Mit Photoshop CS (und der Pipette) gab es dann so'n Wert wie R:24. G:25: B:224 oder so ähnl. Müsste das nicht eher ein genauer BLAUWERT sein wie "0000FF [R:0 G:0 B:255]" oder so

Uebrigens habe ich ein solches Image beigelegt. ich hoffe ich habe das richtig gemacht - es war das erste Img beim posten in einem Forum :-( 

WER KANN MIR HELFEN?

Gruss aus Basel Joel

PS:
Zusatzfrage: Ich nehme mal an dass die anderen (Beispw. Kamera-Chroma-Key) dieselben blauwerte verwendet?


----------



## blount (22. März 2005)

Hi JoelEymard,

warum löst du dein Problem nicht mit einer
Maske. Dein blaues Rechteck ist ja auch 
ein statisches Bild.

Hier die Anleitung:
http://www.tutorials.de/tutorials147733.html&highlight=blount


----------



## JoelEymard (22. März 2005)

Hallo back,

Eine Maske? Anderst gesagt einen bereich der Durchsichtig ist? Siweit ich weiss muss die Datei ein JPG sein, oder habe ich da etwas falsch verstanden?

Oder habe ich das Wort Maske schief reinbekommen 

Evtl. hast Du genug Zeit das einem Newbie einzutrichtern?
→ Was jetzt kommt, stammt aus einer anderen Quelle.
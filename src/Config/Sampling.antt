-- ===== src/Config/Sampling.antt =====
-- config/pssource.go and config/localps.go: where a run takes the samples of the server's CPU and
-- memory from, and the loop that takes them on this machine.
pub mod Ours
pub mod Loop
use go_http_benchmark.Prelude.{
  ℕ, zero, suc, Bool, true, false, not, ◌&&◌, ◌||◌, List, [], ◌∷◌, ◌++◌, Option, none, some, Bytes,
  codes, equal, leb, if◌then◌else◌, ℤ, pos, negsuc,
}
use go_http_benchmark.Config.Ports.{framework_control_addr}

-- `ValidatePSMode`: whether there is no error.
unfoldable pub validate_ps_mode : Bytes → Bool
validate_ps_mode mode =
    equal mode (codes "auto") || equal mode (codes "local") || equal mode (codes "remote")

-- `ServerProcessName`.
abbrev pub server_process_name : Bytes → Bytes
server_process_name framework = framework ++ codes ".server"

-- This machine and the server: the processes of a name and the name of a process, where the
-- operating system gives them, whether a process can be read, the pid that /init answers with, and
-- whether a host is this machine.
pub record Machine : Type 0 where
  pub find_processes_by_name : Bytes → Option (List ℤ)
  pub process_name : ℤ → Option Bytes
  pub is_readable : ℤ → Bool
  pub init_pid : Option ℤ
  pub is_local_host : Bytes → Bool

-- `PSSource`: the server's own samples, or a sampler of a process here, with the server's samples
-- behind it or not.
pub data Source : Type 0 where
  remote : Source
  local : ℤ → Bool → Source

-- `PSSetup`; `failed` says that there is an error with it.
pub record Setup : Type 0 where
  pub source : Source
  pub server_pid : ℤ
  pub pprof_addr : Bytes
  pub failed : Bool

abbrev only : List ℤ → Option ℤ
only [] = none
only (pid ∷ []) = some pid
only (pid ∷ q ∷ pids) = none

abbrev only_of : Option (List ℤ) → Option ℤ
only_of none = none
only_of (some pids) = only pids

abbrev is_name : Bytes → Option Bytes → Bool
is_name want none = false
is_name want (some name) = equal name want

abbrev is_positive : ℤ → Bool
is_positive (pos (suc n)) = true
is_positive (pos zero) = false
is_positive (negsuc n) = false

module _ (machine : Machine) where
  -- `FindServerProcess`; `none` is its error.
  unfoldable pub find_server_process : Bytes → Option ℤ
  find_server_process framework =
      only_of (machine.find_processes_by_name (server_process_name framework))

  -- `VerifyServerProcess`: whether there is no error.
  unfoldable pub verify_server_process : ℤ → Bytes → Bool
  verify_server_process pid framework =
      is_name (server_process_name framework) (machine.process_name pid)

  -- `StartLocalPSSampler`: whether there is no error. The code reads the process at `int32(pid)`, which
  -- is the pid where it fits 32 bits, as those of running processes do.
  unfoldable pub starts : ℤ → Bool
  starts pid = is_positive pid && machine.is_readable pid

  abbrev pub want_local : Bytes → Bytes → Bool
  want_local mode ip =
      equal mode (codes "local") || (equal mode (codes "auto") && machine.is_local_host ip)

  -- From the request to /init on.
  abbrev pub asked : Bytes → Bytes → Bool → Option ℤ → Setup
  asked framework addr wanted none = record {
    source = remote;
    server_pid = negsuc 0;
    pprof_addr = addr;
    failed = true;
  }
  asked framework addr wanted (some pid) = record {
    source =
        if wanted && (verify_server_process pid framework && starts pid)
        then local pid true
        else remote;
    server_pid = pid;
    pprof_addr = addr;
    failed = false;
  }

  abbrev pub found : Bytes → Bytes → Option ℤ → Setup
  found framework addr none = asked framework addr true machine.init_pid
  found framework addr (some pid) =
      if starts pid
      then record { source = local pid false; server_pid = pid; pprof_addr = addr; failed = false }
      else asked framework addr true machine.init_pid

  abbrev pub with_addr : Bytes → Bytes → Bytes → Option Bytes → Setup
  with_addr framework ip mode none = record {
    source = remote;
    server_pid = negsuc 0;
    pprof_addr = [];
    failed = true;
  }
  with_addr framework ip mode (some addr) =
      if want_local mode ip
      then found framework addr (find_server_process framework)
      else asked framework addr false machine.init_pid

  -- `SetupPS`.
  unfoldable pub setup_ps : Bytes → Bytes → Bytes → Setup
  unfolding find_server_process verify_server_process starts framework_control_addr
  setup_ps framework ip mode = with_addr framework ip mode (framework_control_addr framework ip)

-- What one `PercentWithContext` and the `MemoryInfo` behind it give.
pub data Tick (A B : Type 0) : Type 0 where
  missed : Tick A B
  read : A → Option B → Tick A B

-- The samples of a sampler, and the failures in a row behind which it gave up, or 0 where it was
-- stopped.
pub record Samples (A B : Type 0) : Type 0 where
  pub cpu : List A
  pub mem : List B
  pub gave_up : ℕ

-- `consecutiveSampleErrors`.
abbrev pub consecutive_sample_errors : ℕ
consecutive_sample_errors = 5

abbrev pub kept : {A B : Type 0} → A → Option B → Samples A B → Samples A B
kept c none s = record s { cpu = c ∷ s.cpu }
kept c (some m) s = record s { cpu = c ∷ s.cpu; mem = m ∷ s.mem }

-- The loop of `run` over the ticks up to the sampler's stop, `errors` of the last ones missed.
unfoldable pub run_from : {A B : Type 0} → ℕ → List (Tick A B) → Samples A B
run_from errors [] = record { cpu = []; mem = []; gave_up = 0 }
run_from errors (missed ∷ ticks) = elim (leb consecutive_sample_errors (suc errors)) [
  | true ↦ record { cpu = []; mem = []; gave_up = suc errors }
  | false ↦ run_from (suc errors) ticks
]
run_from errors (read c m ∷ ticks) = kept c m (run_from 0 ticks)

-- `run`.
unfoldable pub run : {A B : Type 0} → List (Tick A B) → Samples A B
unfolding run_from
run ticks = run_from 0 ticks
Ich wäre auch sehr dankbar.

Thanx im Voraus für Eure Hilfe


----------



## blount (22. März 2005)

Das ist eigentlich relativ einfach zu erklären.
In einer Maske legt du normalerweise die sichtbaren
bereiche in weisser Farbe an und die Bereich eine
Filmes der nicht zu sehen sein soll wird schwarz
gefüllt (so wie das in dem angegebenen Thread gemacht
worden ist).

Das heisst die Maske kann jedes erdenkliche Format
haben (jpeg, tif, psd, bmp, gif... alle Formate die
Premiere importieren kann. Dann legst du dein Hinter-
grundbild in die unterste Ebene und den Film der
darin erscheinen soll in die mittlere. Die Maske dann
in die obere.

Dann wie im angegebenen thread verfahren!


----------



## blount (22. März 2005)

Hier ist die original Datei zum Masken
Thread:

Wie gesagt, 
1. Ebene deine Maske
2. Dein Film der eingepasst wird
3. Dein Hintergrund (statisch)


----------



## JoelEymard (22. März 2005)

Hallo nochmal,
Ich danke Dir für die prompte Hilfe. Nun meine ich das ganze eher verstehen zu können und werde das natürlich (spät. Ostern) versuchen.
Ich dachte, dass man während des filmens dieses Chroma Ding über den Film zu legen hat, 
aber diese Variante scheint noch viel besser, weil man dann den Film in original und ohne Maske darüber hat und danach nur da etwas unterlegen kann wo man das gerade möchte und der Film selber bleibt unangetastet.

Das habe ich nun auch bei den EFFECTS begriffen. Besser "danach" im PC als immer im FIlm  besser und es hat erst noch mehr davon ;-)

Also, thanx again und gute Zeit

Joel


----------